Cher Théophraste R., je vous lis toujours avec une certaine délectation, mais aujourd’hui je ne suis pas d’accord du tout avec le fond de votre article. Aussi, je me permets ces quelques remarques. Elles sont sans ménagement parce que je vous aime bien. J’espère que vous aurez à cœur de ne pas mal les prendre et de réfléchir avec moi aux implications que je suggère ci-après.
En dépit de la mauvaise foi manifeste de ce papier* un point intéressant est abordé, mais, hélas, pas approfondi.
Je résume : « Si [l’on n’autorise plus l’alcool aux conducteurs], je renonce aux soirées chez des amis, chez ma parentèle, au restaurant. Je me fais ermite asocial. »
Au-delà d’une question de transport, c’est donc dire que la vie sociale serait tributaire de cette coutume** qu’est la consommation d’alcool. Et si c’est vrai en grande partie, même si je le déplore.
Et c’est dramatique, car qu’est-ce que ça implique ? Que nous sommes trop lâches (on dit inhibés) pour affronter les autres de façon naturelle, ne serait-ce qu’au cours d’une « soirée » ? Que nous sommes trop égoïstes ou hypocrites pour partager une réelle complicité sans recours à un adjuvant*** ? Que sans les effets psychotropiques de l’alcool et d’autres substances « les amis, la parentèle et les restaurants » garderaient trop l’aspect grisâtre et terne de ce qu’ils sont réellement la plupart du temps : des quidams médisants regroupé par intérêt personnel, des familiers envahissants et sans retenue et des escrocs marchands de soupe et prétentieux ? Vous oubliez les soirées braillardes au stade et les concours et paris divers dans les casernes comme sur les chantiers et dans les boites de nuit.
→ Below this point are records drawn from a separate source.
-- ===== src/Runtime/Loaded.antt =====
-- src/runtime/update_cache.go: what runs after applyBusinessDelta.
use forward_stub.Config.Business.{TaskConfig}
use forward_stub.Delta.{BusinessDeltaPlan, has_changes}
use forward_stub.Delta.Plan.{plan_business_delta-tasks}
use forward_stub.Delta.Split.{adds, removes}
use forward_stub.Delta.Tasks.{affected}
use forward_stub.Prelude.{
  Bool, List, Option, Result, String, [], ap, arith, err, false, if◌then◌else◌, none, ok, refl,
  some, sym, true, ◌++◌, ◌||◌, ◌∙◌, ◌∷◌, ◌≡◌,
}
use forward_stub.Prelude.Eq.{DeepEqual, eq_String}
use forward_stub.Prelude.Map.{Map, keys, lookup, map_option}
use forward_stub.Prelude.Names.{Distinct, contains}
use forward_stub.Runtime.{Live, World, after_step, always_ok, config_of, no_step, zero_task}
use forward_stub.Runtime.Counted.{commit-store}
use forward_stub.Runtime.Planned.{keys-task_configs}
use forward_stub.Runtime.Running.{after_ok, change_tasks-running}
use forward_stub.Runtime.Update.{
  Pending, RunConfig, apply_business_delta, change_senders, change_tasks, close_all, commit_pending,
  compile_all, finish_delta, gc_stages, on_store, plan_for, prepare_delta, prepare_receiver_delta,
  publish_compiled, publish_delta, publish_pipelines, rebuild_selectors, running_config,
  task_configs,
}
use forward_stub.Store.{RuntimeError, TaskState}
use forward_stub.Store.Cache.{Compilation}
use forward_stub.Store.Others.{running}
use forward_stub.Store.Senders.Applied.{apply_sender_delta-tasks}
use forward_stub.Task.{Sender}

lookup-task_configs :
    (n : String) (tasks : Map String TaskState)
    → lookup n (task_configs tasks) ≡ map_option (λ ts. ts.cfg) (lookup n tasks)
lookup-task_configs n [] = refl
lookup-task_configs n ((name, ts) ∷ tasks) = ground (arith, lookup-task_configs n tasks)

-- The plan takes a task from its old configuration to its new one.
settled :
    ⦃e : DeepEqual TaskConfig⦄
    → ((a b : TaskConfig) → e.deep_equal a b ≡ true → a ≡ b)
    → (by_sender by_pipeline : List String) (old new : Option TaskConfig) (add remove : Bool)
    → (let users =
          affected (λ tc. tc.senders) by_sender old new
          || affected (λ tc. tc.pipelines) by_pipeline old new in
        add ≡ (adds old new || users)
        → remove ≡ (removes old new || users)
        → (if add
            then some (elim new [ none ↦ zero_task | some tc ↦ tc ])
            else if remove
            then none
            else old)
          ≡ new)
settled sound s p none none add remove a r = rw (a, r) refl
settled sound s p none (some c) add remove a r = rw a refl
settled sound s p (some c) none add remove a r = rw (a, r) refl
settled sound s p (some c) (some c') true remove a r = refl
settled sound s p (some c) (some c') false true a r = absurd (ground (arith, a, r))
settled sound s p (some c) (some c') false false a r = ap some (sound c c' (ground (arith, a)))

module _ (w : World) (n : String) where
  -- The configuration of the task once the plan is carried out.
  abbrev planned : RunConfig → BusinessDeltaPlan → Option TaskConfig → Option TaskConfig
  planned cfg plan o =
      if contains plan.task_added n
      then some (config_of cfg.tasks n)
      else if contains plan.task_removed n
      then none
      else o

  finish_delta-running :
      (cfg : RunConfig) (plan : BusinessDeltaPlan) (compiled : Option Compilation)
      (pending : Option (List Pending)) (closers : List Sender) (l : Live)
      → (finish_delta w cfg plan compiled pending closers l).0 ≡ ok tt
      → running n (finish_delta w cfg plan compiled pending closers l).1.store
        ≡ planned cfg plan (running n l.store)
  unfolding finish_delta publish_pipelines gc_stages rebuild_selectors
  finish_delta-running cfg plan compiled pending closers l =
      let r2 =
        on_store (change_tasks w cfg.tasks plan) (publish_compiled cfg.pipelines compiled l) in
      let receivers = commit_pending w cfg.receivers pending in
      let again =
        if has_changes (plan.selector_added, plan.selector_removed)
          || has_changes (plan.task_set_added, plan.task_set_removed)
          || has_changes (plan.receiver_added, plan.receiver_removed)
          || has_changes (plan.task_added, plan.task_removed)
        then rebuild_selectors
        else no_step in
      let close = on_store (always_ok (close_all w closers)) in
      let r3 = after_step r2 receivers in
      let Now = λ (a : Live). running n a.store ≡ planned cfg plan (running n l.store) in
      after_ok Now Now (after_step r3 again) close
        (after_ok Now Now r3 again
          (after_ok Now Now r2 receivers (changed compiled) (λ a e h. kept pending a ∙ e))
          (λ a e h. rebuilt _ a ∙ e))
        (λ a e h. e)
    where
      changed :
          (o : Option Compilation)
          → (on_store (change_tasks w cfg.tasks plan) (publish_compiled cfg.pipelines o l)).0
            ≡ ok tt
          → running n
              (on_store
                (change_tasks w cfg.tasks plan)
                (publish_compiled cfg.pipelines o l)).1.store
            ≡ planned cfg plan (running n l.store)
      changed none h = change_tasks-running w cfg.tasks n plan l.store h
      changed (some c) h =
          change_tasks-running w cfg.tasks n plan (publish_pipelines cfg.pipelines c l).store h

      kept :
          (o : Option (List Pending)) (a : Live)
          → running n (commit_pending w cfg.receivers o a).1.store ≡ running n a.store
      kept none a = refl
      kept (some built) a = ap (running n) (commit-store w cfg.receivers built a)

      rebuilt :
          (b : Bool) (a : Live)
          → running n ((if b then rebuild_selectors else no_step) a).1.store ≡ running n a.store
      rebuilt true a = refl
      rebuilt false a = refl

  publish_delta-running :
      (cfg : RunConfig) (plan : BusinessDeltaPlan) (compiled : Option Compilation)
      (pending : Option (List Pending)) (l : Live)
      → (publish_delta w cfg plan compiled pending l).0 ≡ ok tt
      → running n (publish_delta w cfg plan compiled pending l).1.store
        ≡ planned cfg plan (running n l.store)
  unfolding publish_delta
  publish_delta-running cfg plan compiled pending l = published (
      has_changes (plan.selector_added, plan.selector_removed)
      || has_changes (plan.task_set_added, plan.task_set_removed))
    where
      sent :
          (l1 : Live) (b : Bool) (r : Result RuntimeError (List Sender))
          → (let out : Result RuntimeError (Unit {0}) × Live =
                if b
                then elim r as (λ x. Result RuntimeError (Unit {0}) × Live) [
                  | err e ↦ (err e, record l1 { store = (change_senders w cfg.senders l1.store).1 })
                  | ok closers ↦
                      finish_delta w cfg plan compiled pending closers
                        (record l1 { store = (change_senders w cfg.senders l1.store).1 })
                ]
                else finish_delta w cfg plan compiled pending [] l1 in
              out.0 ≡ ok tt → running n out.1.store ≡ planned cfg plan (running n l1.store))
      sent l1 false r h = finish_delta-running cfg plan compiled pending [] l1 h
      sent l1 true (err e) h = absurd (ground arith)
      sent l1 true (ok closers) h =
          let l2 = record l1 { store = (change_senders w cfg.senders l1.store).1 } in
          let same =
            ap (λ (m : Map String TaskState). map_option (λ ts. ts.cfg) (lookup n m))
              (apply_sender_delta-tasks ⦃e = w.sender_equal⦄ w.build_sender cfg.senders l1.store) in
          finish_delta-running cfg plan compiled pending closers l2 h ∙ ap (planned cfg plan) same

      published :
          (b : Bool)
          → (let l1 =
                if b
                then record l { selectors = cfg.selectors; task_sets = cfg.task_sets }
                else l in
              let out : Result RuntimeError (Unit {0}) × Live =
                if has_changes (plan.sender_added, plan.sender_removed)
                then elim (change_senders w cfg.senders l1.store).0
                    as (λ x. Result RuntimeError (Unit {0}) × Live) [
                      | err e ↦
                          (err e, record l1 { store = (change_senders w cfg.senders l1.store).1 })
                      | ok closers ↦
                          finish_delta w cfg plan compiled pending closers
                            (record l1 { store = (change_senders w cfg.senders l1.store).1 })
                    ]
                else finish_delta w cfg plan compiled pending [] l1 in
              out.0 ≡ ok tt → running n out.1.store ≡ planned cfg plan (running n l.store))
      published true =
          let l1 = record l { selectors = cfg.selectors; task_sets = cfg.task_sets } in
          sent l1 (has_changes (plan.sender_added, plan.sender_removed))
            (change_senders w cfg.senders l1.store).0
      published false =
          sent l (has_changes (plan.sender_added, plan.sender_removed))
            (change_senders w cfg.senders l.store).0

  prepare_delta-running :
      (cfg : RunConfig) (plan : BusinessDeltaPlan) (compiled : Option Compilation) (l : Live)
      → (prepare_delta w cfg plan compiled l).0 ≡ ok tt
      → running n (prepare_delta w cfg plan compiled l).1.store
        ≡ planned cfg plan (running n l.store)
  unfolding prepare_delta
  prepare_delta-running cfg plan compiled l =
      go (has_changes (plan.receiver_added, plan.receiver_removed))
        (prepare_receiver_delta w l.receiver_cfg cfg.receivers)
    where
      go :
          (b : Bool) (r : Result RuntimeError (List Pending))
          → (let out : Result RuntimeError (Unit {0}) × Live =
                if b
                then elim r as (λ x. Result RuntimeError (Unit {0}) × Live) [
                  | err e ↦ (err e, l)
                  | ok built ↦ publish_delta w cfg plan compiled (some built) l
                ]
                else publish_delta w cfg plan compiled none l in
              out.0 ≡ ok tt → running n out.1.store ≡ planned cfg plan (running n l.store))
      go true (ok built) = publish_delta-running cfg plan compiled (some built) l
      go true (err e) = λ h. absurd (ground arith)
      go false r = publish_delta-running cfg plan compiled none l

  planned_delta-running :
      (cfg : RunConfig) (l : Live)
      → (apply_business_delta w cfg l).0 ≡ ok tt
      → running n (apply_business_delta w cfg l).1.store
        ≡ planned cfg (plan_for w (running_config l) cfg) (running n l.store)
  unfolding apply_business_delta compile_all
  planned_delta-running cfg l =
      let plan = plan_for w (running_config l) cfg in
      go plan (record l { store = (compile_all w cfg.pipelines l.store).1 }) refl
        (has_changes (plan.pipeline_added, plan.pipeline_removed))
        (compile_all w cfg.pipelines l.store).0
    where
      go :
          (plan : BusinessDeltaPlan) (l1 : Live)
          → running n l1.store ≡ running n l.store
          → (b : Bool) (r : Result RuntimeError Compilation)
          → (let out : Result RuntimeError (Unit {0}) × Live =
                if b
                then elim r as (λ x. Result RuntimeError (Unit {0}) × Live) [
                  | err e ↦ (err e, l1)
                  | ok c ↦ prepare_delta w cfg plan (some c) l1
                ]
                else prepare_delta w cfg plan none l in
              out.0 ≡ ok tt → running n out.1.store ≡ planned cfg plan (running n l.store))
      go plan l1 same true (err e) h = absurd (ground arith)
      go plan l1 same true (ok c) h =
          prepare_delta-running cfg plan (some c) l1 h ∙ ap (planned cfg plan) same
      go plan l1 same false r h = prepare_delta-running cfg plan none l h

  pub delta-running :
      (cfg : RunConfig) (l : Live)
      → ((a b : TaskConfig) → w.task_equal.deep_equal a b ≡ true → a ≡ b)
      → Distinct (keys l.store.tasks)
      → (apply_business_delta w cfg l).0 ≡ ok tt
      → running n (apply_business_delta w cfg l).1.store ≡ lookup n cfg.tasks
  unfolding running_config
  delta-running cfg l sound once h =
      let old = running_config l in
      let plan = plan_for w old cfg in
      let said =
        plan_business_delta-tasks ⦃er = w.receiver_equal⦄ ⦃es = w.sender_equal⦄
          ⦃el = w.selector_equal⦄ ⦃et = w.task_set_equal⦄ ⦃ep = w.pipeline_equal⦄
          ⦃ec = w.task_equal⦄ old cfg n (rw (keys-task_configs l.store.tasks) once) in
      planned_delta-running cfg l h
      ∙ ap (planned cfg plan) (sym (lookup-task_configs n l.store.tasks))
      ∙ settled ⦃e = w.task_equal⦄ sound (plan.sender_added ++ plan.sender_removed)
          (plan.pipeline_added ++ plan.pipeline_removed) (lookup n old.tasks) (lookup n cfg.tasks)
          (contains plan.task_added n) (contains plan.task_removed n) said.0 said.1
Et le pire, c’est que c’est ça « la vie sociale ».
* Postulat de mauvaise foi n° 1 : « Si on ne boit pas d’alcool, alors on boit du soda (américain de préférence). » Il semble pourtant que les physiologistes soient assez d’accord pour établir que la boisson vitale, nécessaire et suffisante des humains soit l’eau (et que la consommation de sucre soit néfaste aussi) ; quant à la la pub, elle propose autant si ce n’est plus d’« œnologie » et d’alcools divers habillés en « produits du terroir » que de sodas aux cerveaux disponibles (et apparemment disposés). Postulat n° 2 : « interdire la fabrication et la vente des matelas, parce que 99% environ des Français meurent dans un lit ». Comparaison grotesque vous le savez bien, car ils ne meurent pas à cause du lit ou du matelas (où beaucoup meurent d’une cirrhose).
À ce compte-là, la proportion de morts suspectes dans les commissariats par rapport à l’ensemble des décès dans un pays ne justifierait pas qu’on s’en émeuve. Seriez-vous d’accord avec ça ?
** On oublie souvent que c’est aussi pour éviter les maladies transmises par l’eau des puits au cours de toute notre histoire qu’on a favorisé la consommation du vin, et pas seulement parce qu’il était bon (ce qui n’était pas toujours le cas). On oublie aussi qu’à l’origine on s’en servait pour couper l’eau. Peut-être que nos descendants boiront le pastis pur dans de gros verres en s’esclaffant et en pestant contre ceux qui le leur déconseilleront.
*** Faut-il nécessairement être un « addict » (mot anglo-saxon, peut-être un indice) pour faire quelque chose de valable ? L’imagination, la créativité sont-elles toujours si défaillantes qu’il leur faille des palliatifs ? C’est une vraie question de société. L’addiction n’est pas seulement physiologique, elle est aussi gestuelle, comportementale, rituelle.